That's the one . . . but darn it . . . I still like this for some odd reason.


----------



## Pallet Pete (Dec 6, 2011)

I am not sure why but that picture makes me think of an old man in a straw hat striking oil lol


----------



## weatherguy (Dec 6, 2011)

I like the cover you have on pallet island, what size is the canopy and where did you get it? You could leave the area open all spring and summer and just put the cover on in late fall and get a little more seasoning.


----------



## Pallet Pete (Dec 9, 2011)

Here are more pics for Ya. it is kinda hard to see the inside because it is full sorry for that. There are hurricane straps on the inside of the rack to hold down the roof, the sides have cross braces to keep it from moving in the wind. The shelter is steady as a rock and won't budge in high winds when empty. the light spots in the side shot are sun light bouncing off. Thanks for all the compliments guys !  I hope this helps you guys with your sheds, and just think it could be a redneck gazebo in the summer  :lol:


----------



## Stevebass4 (Dec 9, 2011)

great looking shed!!


----------



## weatherguy (Dec 9, 2011)

Nice job, thanks for the pics, Im hoping to attempt mine this weekend if my brother has the time to help me out.


----------



## raybonz (Dec 9, 2011)

That's the best $100.00 shed I have ever seen! Now you've a new stove coming life is good!


Ray


----------



## Pallet Pete (Dec 9, 2011)

Thanks Guys she's a cadillac of blood sweat and well no tears lol. 
Weatherguy I would Love to see yours when your done ! 

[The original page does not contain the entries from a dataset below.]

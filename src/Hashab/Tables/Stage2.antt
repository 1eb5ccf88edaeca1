-- ===== src/Hashab/Tables/Stage2.antt =====
-- src/crypto/hashab/tables.rs: the maps, the round tables and the key schedule of the second cipher stage.
use libopod.Base.{ℕ, List, [], ◌∷◌}

unfoldable pub stage2_input_map : List ℕ
stage2_input_map =
    0x35 ∷ 0x0d ∷ 0x3c ∷ 0x1e ∷ 0xb2 ∷ 0x30 ∷ 0x01 ∷ 0x23 ∷ 0xe5 ∷ 0x4a ∷ 0x7b ∷ 0x59 ∷ 0xf5 ∷ 0x77
    ∷ 0x46 ∷ 0x64 ∷ 0xa2 ∷ 0x6d ∷ 0x82 ∷ 0xe3 ∷ 0x0c ∷ 0x50 ∷ 0xbf ∷ 0xb4 ∷ 0x5b ∷ 0x2a ∷ 0xc5
    ∷ 0xa4 ∷ 0x4b ∷ 0x17 ∷ 0xf8 ∷ 0xf3 ∷ 0x1c ∷ 0xd3 ∷ 0x7f ∷ 0x5d ∷ 0x6c ∷ 0xee ∷ 0x28 ∷ 0x0a
    ∷ 0x3b ∷ 0x94 ∷ 0x38 ∷ 0x1a ∷ 0x2b ∷ 0xa9 ∷ 0x6f ∷ 0x4d ∷ 0x7c ∷ 0x2e ∷ 0xc1 ∷ 0x3d ∷ 0xd2
    ∷ 0x79 ∷ 0x96 ∷ 0x6a ∷ 0x85 ∷ 0x69 ∷ 0x86 ∷ 0x7a ∷ 0x95 ∷ 0x3e ∷ 0xd1 ∷ 0x2d ∷ 0xc2 ∷ 0x90
    ∷ 0xa1 ∷ 0x83 ∷ 0x45 ∷ 0xc7 ∷ 0xf6 ∷ 0xd4 ∷ 0x78 ∷ 0xd7 ∷ 0xe6 ∷ 0xc4 ∷ 0x02 ∷ 0x80 ∷ 0xb1
    ∷ 0x93 ∷ 0x3f ∷ 0xf0 ∷ 0x1f ∷ 0x14 ∷ 0xfb ∷ 0xa7 ∷ 0x48 ∷ 0x29 ∷ 0xc6 ∷ 0xb7 ∷ 0x58 ∷ 0x53
    ∷ 0xbc ∷ 0xe0 ∷ 0x0f ∷ 0x6e ∷ 0x81 ∷ 0x4e ∷ 0x88 ∷ 0xaa ∷ 0x9b ∷ 0x19 ∷ 0xb5 ∷ 0x97 ∷ 0xa6
    ∷ 0x09 ∷ 0xcf ∷ 0xed ∷ 0xdc ∷ 0x5e ∷ 0xf2 ∷ 0xd0 ∷ 0xe1 ∷ 0xd9 ∷ 0x36 ∷ 0xca ∷ 0x25 ∷ 0xe4
    ∷ 0x0b ∷ 0xf7 ∷ 0x18 ∷ 0x9e ∷ 0x71 ∷ 0x8d ∷ 0x62 ∷ 0xa3 ∷ 0x4c ∷ 0xb0 ∷ 0x5f ∷ 0x67 ∷ 0x56
    ∷ 0x74 ∷ 0xd8 ∷ 0x5a ∷ 0x6b ∷ 0x49 ∷ 0x8f ∷ 0x20 ∷ 0x11 ∷ 0x33 ∷ 0x9f ∷ 0x1d ∷ 0x2c ∷ 0x0e
    ∷ 0xc8 ∷ 0x07 ∷ 0xe8 ∷ 0x89 ∷ 0x66 ∷ 0x3a ∷ 0xd5 ∷ 0xde ∷ 0x31 ∷ 0x40 ∷ 0xaf ∷ 0xce ∷ 0x21
    ∷ 0x7d ∷ 0x92 ∷ 0x99 ∷ 0x76 ∷ 0xb9 ∷ 0x15 ∷ 0x37 ∷ 0x06 ∷ 0x84 ∷ 0x42 ∷ 0x60 ∷ 0x51 ∷ 0xfe
    ∷ 0x52 ∷ 0x70 ∷ 0x41 ∷ 0xc3 ∷ 0x05 ∷ 0x27 ∷ 0x16 ∷ 0x44 ∷ 0xab ∷ 0x57 ∷ 0xb8 ∷ 0x13 ∷ 0xfc
    ∷ 0x00 ∷ 0xef ∷ 0x03 ∷ 0xec ∷ 0x10 ∷ 0xff ∷ 0x54 ∷ 0xbb ∷ 0x47 ∷ 0xa8 ∷ 0xfa ∷ 0xcb ∷ 0xe9
    ∷ 0x2f ∷ 0xad ∷ 0x9c ∷ 0xbe ∷ 0x12 ∷ 0xbd ∷ 0x8c ∷ 0xae ∷ 0x68 ∷ 0xea ∷ 0xdb ∷ 0xf9 ∷ 0x55
    ∷ 0x9a ∷ 0x75 ∷ 0x7e ∷ 0x91 ∷ 0xcd ∷ 0x22 ∷ 0x43 ∷ 0xac ∷ 0xdd ∷ 0x32 ∷ 0x39 ∷ 0xd6 ∷ 0x8a
    ∷ 0x65 ∷ 0x04 ∷ 0xeb ∷ 0x24 ∷ 0xe2 ∷ 0xc0 ∷ 0xf1 ∷ 0x73 ∷ 0xdf ∷ 0xfd ∷ 0xcc ∷ 0x63 ∷ 0xa5
    ∷ 0x87 ∷ 0xb6 ∷ 0x34 ∷ 0x98 ∷ 0xba ∷ 0x8b ∷ 0xb3 ∷ 0x5c ∷ 0xa0 ∷ 0x4f ∷ 0x8e ∷ 0x61 ∷ 0x9d
    ∷ 0x72 ∷ 0xf4 ∷ 0x1b ∷ 0xe7 ∷ 0x08 ∷ 0xc9 ∷ 0x26 ∷ 0xda ∷ []

unfoldable pub stage2_final_map : List ℕ
stage2_final_map =
    0xcd ∷ 0x6e ∷ 0x86 ∷ 0x8c ∷ 0x3d ∷ 0xf0 ∷ 0xef ∷ 0x96 ∷ 0xdd ∷ 0x85 ∷ 0x80 ∷ 0x69 ∷ 0xb2 ∷ 0xa0
    ∷ 0x3f ∷ 0x6b ∷ 0x41 ∷ 0x8d ∷ 0x1d ∷ 0x2b ∷ 0x1f ∷ 0xb1 ∷ 0x6c ∷ 0x0b ∷ 0x76 ∷ 0x75 ∷ 0xa7
    ∷ 0xc5 ∷ 0xec ∷ 0xb3 ∷ 0x42 ∷ 0xe0 ∷ 0xda ∷ 0x4e ∷ 0x67 ∷ 0xb7 ∷ 0xb8 ∷ 0x9b ∷ 0x46 ∷ 0x35
    ∷ 0xed ∷ 0x2d ∷ 0x88 ∷ 0xf6 ∷ 0x90 ∷ 0x1e ∷ 0x27 ∷ 0xfb ∷ 0xad ∷ 0x6f ∷ 0x21 ∷ 0x5f ∷ 0x26
    ∷ 0x62 ∷ 0x30 ∷ 0x99 ∷ 0x59 ∷ 0x71 ∷ 0x68 ∷ 0x02 ∷ 0x1a ∷ 0xf7 ∷ 0x28 ∷ 0x92 ∷ 0x18 ∷ 0x87
    ∷ 0xeb ∷ 0x0f ∷ 0x73 ∷ 0x9c ∷ 0x24 ∷ 0xdc ∷ 0xb4 ∷ 0xd9 ∷ 0x5a ∷ 0xfd ∷ 0x40 ∷ 0xd0 ∷ 0x05
    ∷ 0x91 ∷ 0x1c ∷ 0xc9 ∷ 0xbf ∷ 0x3e ∷ 0xae ∷ 0x9e ∷ 0xe7 ∷ 0xbe ∷ 0xc0 ∷ 0xfa ∷ 0x51 ∷ 0xfc
    ∷ 0x84 ∷ 0xa8 ∷ 0x3b ∷ 0xf2 ∷ 0xb0 ∷ 0x13 ∷ 0x10 ∷ 0x60 ∷ 0xf4 ∷ 0x55 ∷ 0xc3 ∷ 0x72 ∷ 0x2e
    ∷ 0xc8 ∷ 0x19 ∷ 0x5c ∷ 0xca ∷ 0x22 ∷ 0x7d ∷ 0xe4 ∷ 0xd1 ∷ 0x53 ∷ 0xf3 ∷ 0x8a ∷ 0xce ∷ 0xab
    ∷ 0x93 ∷ 0x77 ∷ 0x04 ∷ 0x45 ∷ 0x08 ∷ 0x83 ∷ 0xba ∷ 0xd6 ∷ 0xa1 ∷ 0x5d ∷ 0xaf ∷ 0xbb ∷ 0x48
    ∷ 0x32 ∷ 0xff ∷ 0xac ∷ 0xa4 ∷ 0xa9 ∷ 0x8e ∷ 0x29 ∷ 0x78 ∷ 0x98 ∷ 0x38 ∷ 0x17 ∷ 0x44 ∷ 0x06
    ∷ 0xd5 ∷ 0x61 ∷ 0xbd ∷ 0xe1 ∷ 0xf9 ∷ 0x9a ∷ 0x50 ∷ 0x03 ∷ 0x7b ∷ 0x3c ∷ 0x0d ∷ 0xa5 ∷ 0xbc
    ∷ 0xd2 ∷ 0x0c ∷ 0x66 ∷ 0x94 ∷ 0xb5 ∷ 0x1b ∷ 0xe8 ∷ 0xfe ∷ 0xe3 ∷ 0x31 ∷ 0x56 ∷ 0x00 ∷ 0xc4
    ∷ 0x7f ∷ 0xee ∷ 0x4d ∷ 0x0e ∷ 0xde ∷ 0x79 ∷ 0xaa ∷ 0xd8 ∷ 0x7e ∷ 0xd3 ∷ 0x5b ∷ 0x5e ∷ 0x15
    ∷ 0x49 ∷ 0xa6 ∷ 0x6d ∷ 0x2f ∷ 0x6a ∷ 0x20 ∷ 0x97 ∷ 0x8f ∷ 0x52 ∷ 0x7c ∷ 0xc6 ∷ 0x4f ∷ 0x57
    ∷ 0x4c ∷ 0xf1 ∷ 0x12 ∷ 0x89 ∷ 0x58 ∷ 0x07 ∷ 0x63 ∷ 0x7a ∷ 0x9d ∷ 0x2c ∷ 0x47 ∷ 0x70 ∷ 0x37
    ∷ 0x3a ∷ 0xc7 ∷ 0xa2 ∷ 0x25 ∷ 0x2a ∷ 0x4a ∷ 0xcc ∷ 0x74 ∷ 0xb6 ∷ 0x95 ∷ 0x81 ∷ 0x0a ∷ 0xc2
    ∷ 0xd7 ∷ 0x14 ∷ 0xdf ∷ 0xd4 ∷ 0x82 ∷ 0xe9 ∷ 0xea ∷ 0x8b ∷ 0xc1 ∷ 0x39 ∷ 0x23 ∷ 0x11 ∷ 0x64
    ∷ 0xb9 ∷ 0xcb ∷ 0xf8 ∷ 0xe5 ∷ 0xe6 ∷ 0xf5 ∷ 0x43 ∷ 0x01 ∷ 0x33 ∷ 0x65 ∷ 0x9f ∷ 0x36 ∷ 0xcf
    ∷ 0x09 ∷ 0x16 ∷ 0xa3 ∷ 0xe2 ∷ 0x34 ∷ 0x4b ∷ 0x54 ∷ 0xdb ∷ []

unfoldable pub stage2_output_map : List ℕ
stage2_output_map =
    0x36 ∷ 0xd1 ∷ 0xff ∷ 0x50 ∷ 0xae ∷ 0xc9 ∷ 0x07 ∷ 0xd8 ∷ 0xcf ∷ 0x20 ∷ 0xc6 ∷ 0x61 ∷ 0x97 ∷ 0x68
    ∷ 0x7e ∷ 0x99 ∷ 0x3a ∷ 0x55 ∷ 0x7b ∷ 0x4c ∷ 0x82 ∷ 0x1d ∷ 0xb3 ∷ 0x04 ∷ 0x4b ∷ 0x1c ∷ 0xca
    ∷ 0xe5 ∷ 0x43 ∷ 0x94 ∷ 0x52 ∷ 0xed ∷ 0x40 ∷ 0x6f ∷ 0xc1 ∷ 0xa6 ∷ 0x48 ∷ 0xf7 ∷ 0x39 ∷ 0x9e
    ∷ 0xf1 ∷ 0xd6 ∷ 0xb0 ∷ 0xdf ∷ 0xa9 ∷ 0x0e ∷ 0x78 ∷ 0x27 ∷ 0xbc ∷ 0x6b ∷ 0xc5 ∷ 0x2a ∷ 0xf4
    ∷ 0x23 ∷ 0x0d ∷ 0xf2 ∷ 0xf5 ∷ 0x5a ∷ 0x2c ∷ 0xdb ∷ 0x7d ∷ 0x62 ∷ 0x24 ∷ 0x53 ∷ 0x30 ∷ 0x5f
    ∷ 0x71 ∷ 0x56 ∷ 0xf8 ∷ 0xa7 ∷ 0x29 ∷ 0x8e ∷ 0x41 ∷ 0x26 ∷ 0xc0 ∷ 0xef ∷ 0xb9 ∷ 0x1e ∷ 0xc8
    ∷ 0x77 ∷ 0xac ∷ 0x5b ∷ 0x75 ∷ 0xda ∷ 0xa4 ∷ 0xd3 ∷ 0xfd ∷ 0xe2 ∷ 0x45 ∷ 0xaa ∷ 0x3c ∷ 0xeb
    ∷ 0x8d ∷ 0x72 ∷ 0x74 ∷ 0xa3 ∷ 0x46 ∷ 0xe1 ∷ 0x4f ∷ 0xa0 ∷ 0xfe ∷ 0x19 ∷ 0x17 ∷ 0xe8 ∷ 0x7f
    ∷ 0xd0 ∷ 0xb6 ∷ 0x51 ∷ 0x87 ∷ 0x58 ∷ 0x2e ∷ 0x49 ∷ 0x4a ∷ 0x65 ∷ 0xcb ∷ 0x9c ∷ 0xd2 ∷ 0x6d
    ∷ 0xc3 ∷ 0x14 ∷ 0xfb ∷ 0xcc ∷ 0xba ∷ 0xd5 ∷ 0x33 ∷ 0x84 ∷ 0x02 ∷ 0x9d ∷ 0xd4 ∷ 0x03 ∷ 0x2d
    ∷ 0x12 ∷ 0xdc ∷ 0x8b ∷ 0xa5 ∷ 0x0a ∷ 0x5d ∷ 0x42 ∷ 0x44 ∷ 0x73 ∷ 0x15 ∷ 0x7a ∷ 0x0c ∷ 0xbb
    ∷ 0x28 ∷ 0xd7 ∷ 0x59 ∷ 0xbe ∷ 0x60 ∷ 0x8f ∷ 0xa1 ∷ 0x86 ∷ 0x89 ∷ 0xee ∷ 0x98 ∷ 0x47 ∷ 0x11
    ∷ 0xf6 ∷ 0x90 ∷ 0xbf ∷ 0xa2 ∷ 0x3d ∷ 0x93 ∷ 0xe4 ∷ 0x1a ∷ 0x35 ∷ 0x9b ∷ 0x6c ∷ 0x63 ∷ 0xb4
    ∷ 0x32 ∷ 0xcd ∷ 0x2b ∷ 0xfc ∷ 0xea ∷ 0x05 ∷ 0xce ∷ 0xe9 ∷ 0xe7 ∷ 0xb8 ∷ 0x16 ∷ 0xb1 ∷ 0x1f
    ∷ 0x70 ∷ 0xb7 ∷ 0x88 ∷ 0x5e ∷ 0x79 ∷ 0xaf ∷ 0x00 ∷ 0xe6 ∷ 0x81 ∷ 0xb2 ∷ 0x4d ∷ 0xe3 ∷ 0x34
    ∷ 0x6a ∷ 0x85 ∷ 0xab ∷ 0x7c ∷ 0x13 ∷ 0x64 ∷ 0x22 ∷ 0xbd ∷ 0x1b ∷ 0xec ∷ 0x9a ∷ 0xb5 ∷ 0xde
    ∷ 0xf9 ∷ 0x37 ∷ 0x08 ∷ 0x66 ∷ 0x01 ∷ 0x2f ∷ 0x80 ∷ 0x67 ∷ 0x38 ∷ 0x4e ∷ 0x69 ∷ 0x9f ∷ 0xf0
    ∷ 0x96 ∷ 0x31 ∷ 0xc4 ∷ 0xf3 ∷ 0xdd ∷ 0xc2 ∷ 0x8c ∷ 0x3b ∷ 0x95 ∷ 0xfa ∷ 0xad ∷ 0x92 ∷ 0x54
    ∷ 0x83 ∷ 0x25 ∷ 0x8a ∷ 0x5c ∷ 0x0b ∷ 0x18 ∷ 0xc7 ∷ 0x09 ∷ 0x6e ∷ 0x10 ∷ 0x3f ∷ 0x91 ∷ 0x76
    ∷ 0xd9 ∷ 0x3e ∷ 0xa8 ∷ 0x57 ∷ 0x21 ∷ 0x06 ∷ 0xe0 ∷ 0x0f ∷ []

unfoldable pub stage2_round_base : List ℕ
stage2_round_base =
    0xf5 ∷ 0xed ∷ 0x73 ∷ 0xf9 ∷ 0x12 ∷ 0x16 ∷ 0x8f ∷ 0x8a ∷ 0x0c ∷ 0xa1 ∷ 0xb2 ∷ 0xf4 ∷ 0xaf ∷ 0xac
    ∷ 0x18 ∷ 0x7e ∷ 0xbe ∷ 0xc6 ∷ 0x62 ∷ 0x4d ∷ 0x68 ∷ 0x1a ∷ 0xe7 ∷ 0x3d ∷ 0x94 ∷ 0x58 ∷ 0x3c
    ∷ 0xcf ∷ 0xba ∷ 0x90 ∷ 0x0b ∷ 0x9f ∷ 0x95 ∷ 0x9d ∷ 0x52 ∷ 0xc5 ∷ 0x5c ∷ 0x99 ∷ 0x1d ∷ 0x6b
    ∷ 0x85 ∷ 0xeb ∷ 0xd5 ∷ 0xc9 ∷ 0x55 ∷ 0x57 ∷ 0x61 ∷ 0xda ∷ 0xb6 ∷ 0xd2 ∷ 0xce ∷ 0x5b ∷ 0x5e
    ∷ 0x48 ∷ 0x78 ∷ 0x13 ∷ 0x7d ∷ 0x74 ∷ 0xcb ∷ 0x65 ∷ 0xfb ∷ 0xf6 ∷ 0xf8 ∷ 0xdf ∷ 0x71 ∷ 0x4c
    ∷ 0x23 ∷ 0x91 ∷ 0xfe ∷ 0x00 ∷ 0xdd ∷ 0x33 ∷ 0x09 ∷ 0x20 ∷ 0xc8 ∷ 0x7c ∷ 0x81 ∷ 0x66 ∷ 0xfc
    ∷ 0x6a ∷ 0x5d ∷ 0xd9 ∷ 0x45 ∷ 0x27 ∷ 0x83 ∷ 0x0a ∷ 0x0f ∷ 0x7a ∷ 0xdc ∷ 0xe5 ∷ 0x04 ∷ 0x43
    ∷ 0x9e ∷ 0xa5 ∷ 0xb4 ∷ 0x9c ∷ 0x25 ∷ 0xbd ∷ 0x08 ∷ 0xc2 ∷ 0x3a ∷ 0x28 ∷ 0x69 ∷ 0xc1 ∷ 0xde
    ∷ 0xe6 ∷ 0x4e ∷ 0x6e ∷ 0x6c ∷ 0x7b ∷ 0x21 ∷ 0xb3 ∷ 0x59 ∷ 0x8e ∷ 0xa3 ∷ 0x5f ∷ 0xc0 ∷ 0x10
    ∷ 0xe0 ∷ 0xab ∷ 0xc3 ∷ 0x92 ∷ 0x88 ∷ 0x07 ∷ 0xd6 ∷ 0xb9 ∷ 0x93 ∷ 0x51 ∷ 0xbc ∷ 0xe9 ∷ 0xbb
    ∷ 0xf2 ∷ 0x76 ∷ 0x89 ∷ 0x80 ∷ 0x9a ∷ 0xf3 ∷ 0xc7 ∷ 0x32 ∷ 0x2c ∷ 0x01 ∷ 0xe8 ∷ 0xad ∷ 0x2e
    ∷ 0x75 ∷ 0xfd ∷ 0x4f ∷ 0xa0 ∷ 0x50 ∷ 0xa6 ∷ 0x3b ∷ 0x5a ∷ 0x87 ∷ 0x2d ∷ 0x9b ∷ 0xbf ∷ 0x70
    ∷ 0xec ∷ 0xa4 ∷ 0x6d ∷ 0x79 ∷ 0x36 ∷ 0xc4 ∷ 0x96 ∷ 0x49 ∷ 0x2a ∷ 0x47 ∷ 0xe4 ∷ 0xef ∷ 0xf0
    ∷ 0x2b ∷ 0xb0 ∷ 0xa8 ∷ 0xae ∷ 0x39 ∷ 0x0d ∷ 0x2f ∷ 0x1f ∷ 0x14 ∷ 0xd3 ∷ 0xf7 ∷ 0x64 ∷ 0x1b
    ∷ 0x84 ∷ 0x03 ∷ 0xd8 ∷ 0xe1 ∷ 0x41 ∷ 0xf1 ∷ 0xb5 ∷ 0xcc ∷ 0xb1 ∷ 0x1e ∷ 0x40 ∷ 0xa2 ∷ 0xdb
    ∷ 0x97 ∷ 0x29 ∷ 0x82 ∷ 0xea ∷ 0x42 ∷ 0x11 ∷ 0x77 ∷ 0xb8 ∷ 0x3f ∷ 0xd4 ∷ 0x22 ∷ 0x4b ∷ 0x98
    ∷ 0x8b ∷ 0x7f ∷ 0x26 ∷ 0xe2 ∷ 0x72 ∷ 0x31 ∷ 0xca ∷ 0x67 ∷ 0xfa ∷ 0x46 ∷ 0x8d ∷ 0x02 ∷ 0x56
    ∷ 0x86 ∷ 0x24 ∷ 0x06 ∷ 0x4a ∷ 0x38 ∷ 0xa9 ∷ 0x1c ∷ 0x60 ∷ 0xe3 ∷ 0x3e ∷ 0x44 ∷ 0x37 ∷ 0xee
    ∷ 0x63 ∷ 0x53 ∷ 0x6f ∷ 0x8c ∷ 0x30 ∷ 0x05 ∷ 0x34 ∷ 0xd0 ∷ 0xcd ∷ 0xd1 ∷ 0x35 ∷ 0xa7 ∷ 0xff
    ∷ 0xb7 ∷ 0xd7 ∷ 0x19 ∷ 0x15 ∷ 0x54 ∷ 0x0e ∷ 0x17 ∷ 0xaa ∷ []

unfoldable pub stage2_round_affine : List ℕ
stage2_round_affine =
    0x85 ∷ 0xa4 ∷ 0x92 ∷ 0x5d ∷ 0x9c ∷ 0xb3 ∷ 0xc5 ∷ 0x56 ∷ 0x08 ∷ 0xb0 ∷ 0xa4 ∷ 0x92 ∷ 0x5d ∷ 0x9c
    ∷ 0xb3 ∷ 0xc5 ∷ 0x56 ∷ 0x08 ∷ 0xd6 ∷ 0xa5 ∷ 0x90 ∷ 0x59 ∷ 0x94 ∷ 0xa3 ∷ 0xe5 ∷ 0x16 ∷ 0x88
    ∷ 0x75 ∷ 0xa5 ∷ 0x90 ∷ 0x59 ∷ 0x94 ∷ 0xa3 ∷ 0xe5 ∷ 0x16 ∷ 0x88 ∷ 0x5e ∷ 0x01 ∷ 0x02 ∷ 0x04
    ∷ 0x08 ∷ 0x10 ∷ 0x20 ∷ 0x40 ∷ 0x80 ∷ 0x18 ∷ 0xa4 ∷ 0x92 ∷ 0x5d ∷ 0x9c ∷ 0xb3 ∷ 0xc5 ∷ 0x56
    ∷ 0x08 ∷ 0x21 ∷ 0xa4 ∷ 0x92 ∷ 0x5d ∷ 0x9c ∷ 0xb3 ∷ 0xc5 ∷ 0x56 ∷ 0x08 ∷ 0x9d ∷ 0xa4 ∷ 0x92
    ∷ 0x5d ∷ 0x9c ∷ 0xb3 ∷ 0xc5 ∷ 0x56 ∷ 0x08 ∷ 0x54 ∷ 0xa5 ∷ 0x90 ∷ 0x59 ∷ 0x94 ∷ 0xa3 ∷ 0xe5
    ∷ 0x16 ∷ 0x88 ∷ 0xd0 ∷ 0x01 ∷ 0x02 ∷ 0x04 ∷ 0x08 ∷ 0x10 ∷ 0x20 ∷ 0x40 ∷ 0x80 ∷ 0xd4 ∷ 0xa4
    ∷ 0x92 ∷ 0x5d ∷ 0x9c ∷ 0xb3 ∷ 0xc5 ∷ 0x56 ∷ 0x08 ∷ 0xcb ∷ 0xa4 ∷ 0x92 ∷ 0x5d ∷ 0x9c ∷ 0xb3
    ∷ 0xc5 ∷ 0x56 ∷ 0x08 ∷ 0xac ∷ 0xa4 ∷ 0x92 ∷ 0x5d ∷ 0x9c ∷ 0xb3 ∷ 0xc5 ∷ 0x56 ∷ 0x08 ∷ 0x5b
    ∷ 0xa5 ∷ 0x90 ∷ 0x59 ∷ 0x94 ∷ 0xa3 ∷ 0xe5 ∷ 0x16 ∷ 0x88 ∷ 0x00 ∷ 0x01 ∷ 0x02 ∷ 0x04 ∷ 0x08
    ∷ 0x10 ∷ 0x20 ∷ 0x40 ∷ 0x80 ∷ []

unfoldable pub stage2_schedule : List ℕ
stage2_schedule =
    0x42 ∷ 0x27 ∷ 0x0e ∷ 0xb8 ∷ 0xa6 ∷ 0x9e ∷ 0x0d ∷ 0xd8 ∷ 0x77 ∷ 0x54 ∷ 0xa8 ∷ 0x16 ∷ 0xae ∷ 0xb3
    ∷ 0x57 ∷ 0x13 ∷ 0xb8 ∷ 0x14 ∷ 0x2c ∷ 0xc5 ∷ 0x1e ∷ 0x8a ∷ 0x21 ∷ 0x1d ∷ 0x69 ∷ 0xde ∷ 0x89
    ∷ 0x0b ∷ 0xc7 ∷ 0x6d ∷ 0xde ∷ 0x18 ∷ 0x4d ∷ 0x48 ∷ 0x5e ∷ 0xf3 ∷ 0x53 ∷ 0xc2 ∷ 0x7f ∷ 0xee
    ∷ 0x3a ∷ 0x1c ∷ 0xf6 ∷ 0xe5 ∷ 0xfd ∷ 0x71 ∷ 0x28 ∷ 0xfd ∷ 0xc0 ∷ 0xfb ∷ 0x46 ∷ 0xeb ∷ 0x93
    ∷ 0x39 ∷ 0x39 ∷ 0x05 ∷ 0xa9 ∷ 0x25 ∷ 0xcf ∷ 0xe0 ∷ 0x54 ∷ 0x54 ∷ 0xe7 ∷ 0x1d ∷ 0xd4 ∷ 0x18
    ∷ 0xef ∷ 0xd2 ∷ 0x47 ∷ 0x21 ∷ 0xd6 ∷ 0xd7 ∷ 0xee ∷ 0x04 ∷ 0x19 ∷ 0x37 ∷ 0xba ∷ 0x50 ∷ 0xfe
    ∷ 0x2a ∷ 0x39 ∷ 0x28 ∷ 0x47 ∷ 0x74 ∷ 0x7e ∷ 0x09 ∷ 0x91 ∷ 0xa3 ∷ 0x90 ∷ 0x0d ∷ 0x88 ∷ 0x94
    ∷ 0x2a ∷ 0x5d ∷ 0x76 ∷ 0xbe ∷ 0xfe ∷ 0x5b ∷ 0x50 ∷ 0xdc ∷ 0x80 ∷ 0x52 ∷ 0xc1 ∷ 0x7f ∷ 0x10
    ∷ 0x5f ∷ 0x49 ∷ 0xeb ∷ 0x3a ∷ 0x02 ∷ 0x3f ∷ 0x55 ∷ 0x2c ∷ 0xa5 ∷ 0xd1 ∷ 0x99 ∷ 0xac ∷ 0xf7
    ∷ 0x10 ∷ 0xe6 ∷ 0xbc ∷ 0xa8 ∷ 0x59 ∷ 0x0d ∷ 0x86 ∷ 0xaa ∷ 0x66 ∷ 0x58 ∷ 0x9a ∷ 0xc7 ∷ 0x5d
    ∷ 0x1d ∷ 0x36 ∷ 0x30 ∷ 0x4d ∷ 0xfb ∷ 0x8a ∷ 0x98 ∷ 0x14 ∷ 0xf6 ∷ 0x0c ∷ 0x32 ∷ 0x72 ∷ 0xae
    ∷ 0x6b ∷ 0xe7 ∷ 0x20 ∷ 0x59 ∷ 0x5d ∷ 0xd7 ∷ 0x6d ∷ 0xa2 ∷ 0xd7 ∷ 0x4f ∷ 0x79 ∷ 0x54 ∷ 0xdb
    ∷ 0x7d ∷ 0x0b ∷ 0xfa ∷ 0x42 ∷ 0xf6 ∷ 0x70 ∷ 0x5c ∷ 0x1f ∷ 0x21 ∷ 0x1d ∷ 0xfe ∷ 0xc8 ∷ 0x6e
    ∷ 0x64 ∷ 0xaa ∷ 0x13 ∷ 0x13 ∷ 0x6f ∷ 0x50 ∷ []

Thanks Ray for the compliment and I am gonna climb in the stove and get warm while watching tv through the glass haha. No heat sucks man Brrrrrrrrrrrrrrrrrrrr :exclaim:


----------



## Backwoods Savage (Dec 9, 2011)

Well Pete, when you are young and have a good partner.....


----------



## weatherguy (Dec 10, 2011)

Well, I had my brothers help, took us most of the day to move things around and get the base done. I leveled the area, its a slight slope and put down stone, then we layed the pallets down and levelled them. At least now I can do most of the work alone and chip away at it. I needed to do this to make room for the 3 cords of rounds I have to split, Im going to make a pallet rack that should hold 3 cords. Once this is done Ill have storage for 12 cords (3 years) and plenty of room to dump/process more wood.
Ill take pics when its light out to show my progress, if it comes out decent Im might even post them


----------



## wetwood (Dec 11, 2011)

If you built something that nice out of scrap around here  the county tax appraiser would label it a 2 car garage on a concrete foundation then just tell you to try and prove it's not.


----------



## Pallet Pete (Dec 11, 2011)

weatherguy I hope you post them we would all love to see em I am sure. It sounds like it will be sweet from what you have done so far.

Pete


----------